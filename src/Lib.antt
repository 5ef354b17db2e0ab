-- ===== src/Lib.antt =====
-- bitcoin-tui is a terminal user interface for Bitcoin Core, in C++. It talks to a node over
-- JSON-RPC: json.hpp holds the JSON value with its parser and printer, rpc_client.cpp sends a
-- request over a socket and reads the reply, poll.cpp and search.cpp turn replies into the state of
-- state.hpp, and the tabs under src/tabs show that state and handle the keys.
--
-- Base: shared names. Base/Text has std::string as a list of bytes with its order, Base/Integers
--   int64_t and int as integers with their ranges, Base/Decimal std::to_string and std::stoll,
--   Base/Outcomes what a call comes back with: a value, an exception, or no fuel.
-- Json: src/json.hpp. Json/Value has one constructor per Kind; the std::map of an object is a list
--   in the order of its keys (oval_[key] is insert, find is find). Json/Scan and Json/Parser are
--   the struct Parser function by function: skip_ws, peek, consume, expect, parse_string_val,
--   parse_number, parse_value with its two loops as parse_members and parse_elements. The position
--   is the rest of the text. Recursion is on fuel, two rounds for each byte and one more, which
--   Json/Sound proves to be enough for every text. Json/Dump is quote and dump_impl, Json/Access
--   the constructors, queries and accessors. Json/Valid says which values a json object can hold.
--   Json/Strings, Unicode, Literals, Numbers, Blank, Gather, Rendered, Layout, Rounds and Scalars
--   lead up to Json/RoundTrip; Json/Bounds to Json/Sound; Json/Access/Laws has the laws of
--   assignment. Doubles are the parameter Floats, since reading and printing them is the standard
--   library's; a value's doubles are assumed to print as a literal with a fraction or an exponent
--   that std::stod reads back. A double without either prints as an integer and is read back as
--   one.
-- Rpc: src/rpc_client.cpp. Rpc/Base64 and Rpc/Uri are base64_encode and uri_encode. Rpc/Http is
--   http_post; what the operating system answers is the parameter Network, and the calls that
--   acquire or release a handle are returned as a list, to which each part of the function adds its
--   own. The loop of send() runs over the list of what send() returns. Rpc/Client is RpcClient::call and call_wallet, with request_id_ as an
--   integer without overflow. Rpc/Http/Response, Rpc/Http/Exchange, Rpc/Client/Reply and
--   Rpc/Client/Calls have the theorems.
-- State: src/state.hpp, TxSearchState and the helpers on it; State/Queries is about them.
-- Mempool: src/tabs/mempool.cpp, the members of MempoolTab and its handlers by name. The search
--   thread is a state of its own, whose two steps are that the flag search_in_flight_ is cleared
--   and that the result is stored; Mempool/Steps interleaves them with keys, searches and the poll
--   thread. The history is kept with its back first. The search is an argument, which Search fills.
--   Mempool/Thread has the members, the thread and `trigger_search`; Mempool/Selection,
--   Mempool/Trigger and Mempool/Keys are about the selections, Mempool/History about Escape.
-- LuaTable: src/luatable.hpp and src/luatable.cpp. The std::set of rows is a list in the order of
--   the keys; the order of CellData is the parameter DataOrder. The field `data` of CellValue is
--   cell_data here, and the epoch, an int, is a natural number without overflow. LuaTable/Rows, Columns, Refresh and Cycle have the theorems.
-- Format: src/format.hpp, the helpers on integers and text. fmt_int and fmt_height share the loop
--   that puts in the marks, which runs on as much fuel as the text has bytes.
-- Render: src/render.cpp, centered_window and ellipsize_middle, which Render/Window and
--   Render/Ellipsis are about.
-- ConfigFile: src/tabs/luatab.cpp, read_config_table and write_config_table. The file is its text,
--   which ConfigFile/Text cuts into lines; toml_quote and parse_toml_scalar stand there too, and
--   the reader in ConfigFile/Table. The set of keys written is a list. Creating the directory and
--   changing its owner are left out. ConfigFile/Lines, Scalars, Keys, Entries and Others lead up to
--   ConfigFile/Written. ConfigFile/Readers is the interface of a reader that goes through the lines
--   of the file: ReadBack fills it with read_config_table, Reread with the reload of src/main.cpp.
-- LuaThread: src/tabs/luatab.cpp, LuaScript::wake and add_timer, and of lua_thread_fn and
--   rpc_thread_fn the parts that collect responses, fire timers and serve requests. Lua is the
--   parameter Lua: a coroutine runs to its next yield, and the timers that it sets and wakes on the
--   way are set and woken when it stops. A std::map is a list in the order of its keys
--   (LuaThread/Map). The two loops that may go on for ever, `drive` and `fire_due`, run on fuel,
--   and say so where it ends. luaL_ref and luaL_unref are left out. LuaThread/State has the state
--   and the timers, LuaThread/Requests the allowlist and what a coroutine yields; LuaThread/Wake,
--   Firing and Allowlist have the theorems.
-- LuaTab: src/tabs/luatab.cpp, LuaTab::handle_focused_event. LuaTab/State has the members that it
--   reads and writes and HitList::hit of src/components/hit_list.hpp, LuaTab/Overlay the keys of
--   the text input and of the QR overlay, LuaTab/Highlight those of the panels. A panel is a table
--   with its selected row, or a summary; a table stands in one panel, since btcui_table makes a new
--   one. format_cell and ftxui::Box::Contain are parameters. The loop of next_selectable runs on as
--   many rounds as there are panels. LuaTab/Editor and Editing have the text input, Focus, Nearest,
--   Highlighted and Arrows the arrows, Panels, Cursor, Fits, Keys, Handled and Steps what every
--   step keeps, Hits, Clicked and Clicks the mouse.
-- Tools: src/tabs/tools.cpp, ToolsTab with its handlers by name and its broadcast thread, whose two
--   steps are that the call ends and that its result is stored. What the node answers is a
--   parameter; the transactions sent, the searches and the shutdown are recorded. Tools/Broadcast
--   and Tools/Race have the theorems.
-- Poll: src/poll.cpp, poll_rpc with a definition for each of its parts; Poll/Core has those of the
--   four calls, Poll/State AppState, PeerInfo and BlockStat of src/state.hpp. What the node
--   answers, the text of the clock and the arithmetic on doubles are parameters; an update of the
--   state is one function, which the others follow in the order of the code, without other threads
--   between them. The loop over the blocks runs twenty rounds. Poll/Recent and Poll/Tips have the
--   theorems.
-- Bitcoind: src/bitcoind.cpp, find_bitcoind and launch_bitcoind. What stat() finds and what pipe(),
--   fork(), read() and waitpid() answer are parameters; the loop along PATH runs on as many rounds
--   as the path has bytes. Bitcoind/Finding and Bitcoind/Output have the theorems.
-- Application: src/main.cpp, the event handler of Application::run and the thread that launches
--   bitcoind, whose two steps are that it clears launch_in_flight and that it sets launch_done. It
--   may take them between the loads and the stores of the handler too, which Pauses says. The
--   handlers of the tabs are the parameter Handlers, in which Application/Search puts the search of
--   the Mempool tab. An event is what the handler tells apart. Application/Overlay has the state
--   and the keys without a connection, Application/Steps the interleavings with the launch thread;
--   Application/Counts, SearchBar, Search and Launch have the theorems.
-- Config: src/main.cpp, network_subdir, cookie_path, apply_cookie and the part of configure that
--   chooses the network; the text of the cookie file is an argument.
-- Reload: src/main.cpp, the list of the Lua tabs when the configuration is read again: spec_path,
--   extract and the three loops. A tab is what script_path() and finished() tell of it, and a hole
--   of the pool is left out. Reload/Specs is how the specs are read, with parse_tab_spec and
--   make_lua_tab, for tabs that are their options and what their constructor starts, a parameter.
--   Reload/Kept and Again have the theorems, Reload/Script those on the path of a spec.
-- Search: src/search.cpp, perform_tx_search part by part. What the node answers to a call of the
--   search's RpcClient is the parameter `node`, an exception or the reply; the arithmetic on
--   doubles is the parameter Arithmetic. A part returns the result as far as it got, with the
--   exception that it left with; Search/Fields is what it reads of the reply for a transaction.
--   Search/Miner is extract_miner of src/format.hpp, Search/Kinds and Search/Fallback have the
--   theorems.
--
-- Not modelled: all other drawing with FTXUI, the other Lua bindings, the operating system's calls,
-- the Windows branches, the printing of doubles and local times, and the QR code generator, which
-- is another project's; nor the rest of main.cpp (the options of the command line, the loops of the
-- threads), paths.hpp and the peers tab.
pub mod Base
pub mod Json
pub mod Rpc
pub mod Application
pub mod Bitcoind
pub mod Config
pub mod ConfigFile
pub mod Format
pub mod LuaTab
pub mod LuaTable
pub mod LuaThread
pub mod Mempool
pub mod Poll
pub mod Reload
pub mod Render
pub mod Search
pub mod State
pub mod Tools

What is needed -> The stretch of entries above that starts with the line containing "-- Reload: src/main.cpp, the" and goes on through the line containing "-- Search: src/search.cpp, perform_tx_search" is to be transcribed exactly, and no other line is to be transcribed.

Reply to the task ->
-- Reload: src/main.cpp, the list of the Lua tabs when the configuration is read again: spec_path,
--   extract and the three loops. A tab is what script_path() and finished() tell of it, and a hole
--   of the pool is left out. Reload/Specs is how the specs are read, with parse_tab_spec and
--   make_lua_tab, for tabs that are their options and what their constructor starts, a parameter.
--   Reload/Kept and Again have the theorems, Reload/Script those on the path of a spec.
-- Search: src/search.cpp, perform_tx_search part by part. What the node answers to a call of the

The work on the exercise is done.